California is an “at-will” employment state. This means that most jobs can be terminated by the employer (as well as the employee) at any time. It is not necessary that there be a reason given for ending the employment.1
However, there are four exceptions where at-will firing is unlawful:
- You have an express or implied contract that prevents your employer from exercising at-will firing;
- The firing violates your employer’s implied covenant of good faith and fair dealing;
- The firing violates an important public policy; and/or
- The termination is based on fraudulent misrepresentations.
If you are fired in violation of one or more of these at-will employment exceptions, you may have grounds to sue for wrongful termination. 2 Alternatively, if you resigned because your working conditions became intolerable, you may have grounds to sue for wrongful “constructive” termination.3
Below, our California labor and employment lawyers discuss these four exceptions to the at-will employment rule.
1. Contract Exception
You and your employer may contractually agree to dispense with the at-will employment rule in California. This contract can be express (written or oral) or implied by your employer’s conduct.
In our experience, circumstances that show an implied contract exception to at-will employment include:
- Your employer’s general personnel policies and practices;
- The length of time you had worked for your employer;
- Actions or communications by your employer assuring you that you could count on continued employment; and
- Industry practices.4
The terms of implied employment contracts typically include that you cannot be fired without good cause (such as poor performance).
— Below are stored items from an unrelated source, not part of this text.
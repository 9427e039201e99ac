-- ===== src/Crc/Parts.antt =====
-- src/crc32.c: the checksum of a buffer in parts.
use fanpico.Base.{ℕ, ◌≡◌, refl, List, [], ◌∷◌, ◌++◌}
use fanpico.Crc.{xcrc32, crc_byte}

-- The checksum of two buffers, one after the other, is that of the second with the checksum of the
-- first as the initial value.
pub xcrc32-append :
    (xs ys : List ℕ) (init : ℕ) → xcrc32 (xs ++ ys) init ≡ xcrc32 ys (xcrc32 xs init)
unfolding xcrc32
xcrc32-append [] ys init = refl
xcrc32-append (x ∷ xs) ys init = xcrc32-append xs ys (crc_byte init x)
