-- ===== src/Crc/Table.antt =====
-- src/crc32.c: every entry of the table is what the program in the comment computes.
use fanpico.Base.{
  ℕ, zero, suc, ◌+◌, ◌<◌, ◌≡◌, refl, ◌∙◌, ap, Bool, true, ◌&&◌, List, [], ◌∷◌, length, get_or, ◌==◌,
  arith,
}
use fanpico.Crc.{crc32_table, table_entry}

-- The rows from number i on.
rows_ok : ℕ → List ℕ → Bool
rows_ok i [] = true
rows_ok i (x ∷ xs) = x == table_entry i && rows_ok (i + 1) xs

get_or-rows :
    (i : ℕ) (xs : List ℕ) (j : ℕ)
    → rows_ok i xs ≡ true
    → j < length xs
    → get_or xs j 0 ≡ table_entry (i + j)
unfolding rows_ok
get_or-rows i [] j h l = absurd (omega arith)
get_or-rows i (x ∷ xs) zero h l =
    let e : x ≡ table_entry i = ground (arith, h) in
    let at : i ≡ i + 0 = omega arith in e ∙ ap table_entry at
get_or-rows i (x ∷ xs) (suc j) h l =
    let rest : rows_ok (i + 1) xs ≡ true = ground (arith, h) in
    let at : i + 1 + j ≡ i + suc j = omega arith in
    get_or-rows (i + 1) xs j rest (omega arith) ∙ ap table_entry at

table-rows : rows_ok 0 crc32_table ≡ true
unfolding rows_ok table_entry
table-rows = refl

-- Every entry of the table of the checksum is the remainder that eight steps of shifting and
-- subtracting the polynomial make of its index.
pub crc32_table_entry : (i : ℕ) → i < 256 → get_or crc32_table i 0 ≡ table_entry i
crc32_table_entry i h =
    let at : 0 + i ≡ i = omega arith in get_or-rows 0 crc32_table i table-rows h ∙ ap table_entry at
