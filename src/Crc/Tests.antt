-- ===== src/Crc/Tests.antt =====
-- src/crc32.c: tests, and the theorems at inputs.
use fanpico.Base.{◌≡◌, refl, ◌++◌, get_or, arith}
use fanpico.Base.Text.{codes}
use fanpico.Crc.{xcrc32, crc_byte, crc32_table, table_entry}
use fanpico.Crc.Table.{crc32_table_entry}
use fanpico.Crc.Parts.{xcrc32-append}

-- The check value of this variant of the CRC (CRC-32/MPEG-2).
check_value : xcrc32 (codes "123456789") 0xffffffff ≡ 0x0376e6e7
unfolding xcrc32 crc_byte
check_value = refl

crc32_table_entry_example : get_or crc32_table 200 0 ≡ table_entry 200
crc32_table_entry_example = crc32_table_entry 200 (omega arith)

appended_sum :
    xcrc32 (codes "fan" ++ codes "pico") 7 ≡ xcrc32 (codes "pico") (xcrc32 (codes "fan") 7)
appended_sum = xcrc32-append (codes "fan") (codes "pico") 7
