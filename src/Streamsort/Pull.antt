-- ===== src/Streamsort/Pull.antt =====
-- internal/streamsort/streamsort.go: Cursor and Getter, the readers that their caller drives.
use state_actor.Bytes.{same_bytes}
use state_actor.Streamsort.{
  Pebble, Store, new_cursor_after_close, new_getter_after_close, new_cursor_iter_failed,
  new_getter_iter_failed, iter_close_failed, Answer, ok, fail, open_reader, add_reader, done_reader,
}
use state_actor.Prelude.{ℕ, Bool, ◌&&◌, Option, none, some, List, if◌then◌else◌}

-- `Cursor` and `Getter`: an iterator, nil after `Close`.
pub record Cursor (I : Type 0) : Type 0 where
  pub iter : Option I

pub record Getter (I : Type 0) : Type 0 where
  pub iter : Option I

module _ {B D I : Type 0} (pebble : Pebble B D I) where
  -- The reader reference stays with the cursor that is handed out.
  abbrev pub cursor_on : Store B D → Option I → Answer (Cursor I) × Store B D
  cursor_on s none = (fail new_cursor_iter_failed, done_reader pebble s)
  cursor_on s (some it) = (ok (record { iter = some (pebble.iter_first it) }), s)

  unfoldable pub new_cursor : Store B D → Answer (Cursor I) × Store B D
  unfolding open_reader
  new_cursor =
      open_reader pebble fail new_cursor_after_close
        (λ s. let s' = add_reader pebble s in cursor_on s' (pebble.db_new_iter s'.db))

  -- The methods of a cursor; `none` is the panic of a nil iterator.
  unfoldable pub cursor_valid : Cursor I → Option Bool
  cursor_valid c = elim c.iter [ none ↦ none | some it ↦ some (pebble.iter_valid it) ]

  unfoldable pub cursor_next : Cursor I → Option (Bool × Cursor I)
  cursor_next c = elim c.iter [
    | none ↦ none
    | some it ↦
        (let it' = pebble.iter_next it in some (pebble.iter_valid it', record { iter = some it' }))
  ]

  unfoldable pub cursor_entry : Cursor I → Option (List ℕ × List ℕ)
  cursor_entry c = elim c.iter [
    | none ↦ none
    | some it ↦ some (pebble.iter_key it, pebble.iter_value it)
  ]

  unfoldable pub cursor_err : Cursor I → Option Bool
  cursor_err c = elim c.iter [ none ↦ none | some it ↦ some (pebble.iter_error it) ]

  abbrev pub close_iter : I → Answer (Unit {0})
  close_iter it = if pebble.iter_close it then ok tt else fail iter_close_failed

  unfoldable pub cursor_close : Cursor I → Store B D → Answer (Unit {0}) × Cursor I × Store B D
  cursor_close c s = elim c.iter [
    | none ↦ (ok tt, c, s)
    | some it ↦ (close_iter it, record { iter = none }, done_reader pebble s)
  ]

  abbrev pub getter_on : Store B D → Option I → Answer (Getter I) × Store B D
  getter_on s none = (fail new_getter_iter_failed, done_reader pebble s)
  getter_on s (some it) = (ok (record { iter = some it }), s)

  unfoldable pub new_getter : Store B D → Answer (Getter I) × Store B D
  unfolding open_reader
  new_getter =
      open_reader pebble fail new_getter_after_close
        (λ s. let s' = add_reader pebble s in getter_on s' (pebble.db_new_iter s'.db))

  -- The value, whether the iterator has an error, and the getter with its iterator moved.
  unfoldable pub getter_get : Getter I → List ℕ → Option (Option (List ℕ) × Bool × Getter I)
  getter_get g key = elim g.iter [
    | none ↦ none
    | some it ↦
        (let it' = pebble.iter_seek_ge it key in
          let found =
            if pebble.iter_valid it' && same_bytes (pebble.iter_key it') key
            then some (pebble.iter_value it')
            else none in
          some (found, pebble.iter_error it', record { iter = some it' }))
  ]

  unfoldable pub getter_close : Getter I → Store B D → Answer (Unit {0}) × Getter I × Store B D
  getter_close g s = elim g.iter [
    | none ↦ (ok tt, g, s)
    | some it ↦ (close_iter it, record { iter = none }, done_reader pebble s)
  ]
Example: Lily has worked as a receptionist for 10 years at a dental office with stellar reviews. The dental group’s employee handbook lists a number of reasons why employees might be terminated, including misconduct and poor job performance.
Lily gets fired with no warning, and one of the owners hires his daughter for the job. Lily may be able to sue her former employer for wrongful termination based on the implied contract exception to at-will employment.

An at-will employment contract usually makes it impossible to argue for an implied contract for continued employment.
2. Implied Covenant Exception
In California, an implied covenant of good faith and fair dealing is an unwritten promise that all parties to an express or implied contract will act in good faith and deal fairly with each other when carrying out the terms of the agreement.
This covenant can support a wrongful termination claim if your employer acted in bad faith when firing you. From what we see, this typically happens when your employer:
- Terminated you in violation of its own personnel policies,
- Terminated you to keep you from enjoying benefits to which you would have otherwise been entitled under your employment agreement (like a pension or pay already earned), and/or
- Lied about the reason you were fired.5
Example: An employment agreement provides that the employee can be terminated for poor performance of duties. Then the employee gets fired after dating the supervisor’s ex-girlfriend even though there were no negative performance reviews. The employee may have the right to sue the employer under the exception to at-will employment provided by the implied covenant of good faith and fair dealing.
Example: An employee is offered a job that requires them to quit their current job and move to a new city or state. However the employer then fires the new employee before they have had a chance to demonstrate their abilities at the new job. This could be a violation of the covenant of good faith and fair dealing.6
3. Public Policy Exception
The public policy exception to at-will employment in California labor law allows you to sue your employer when you are fired in violation of an important public policy.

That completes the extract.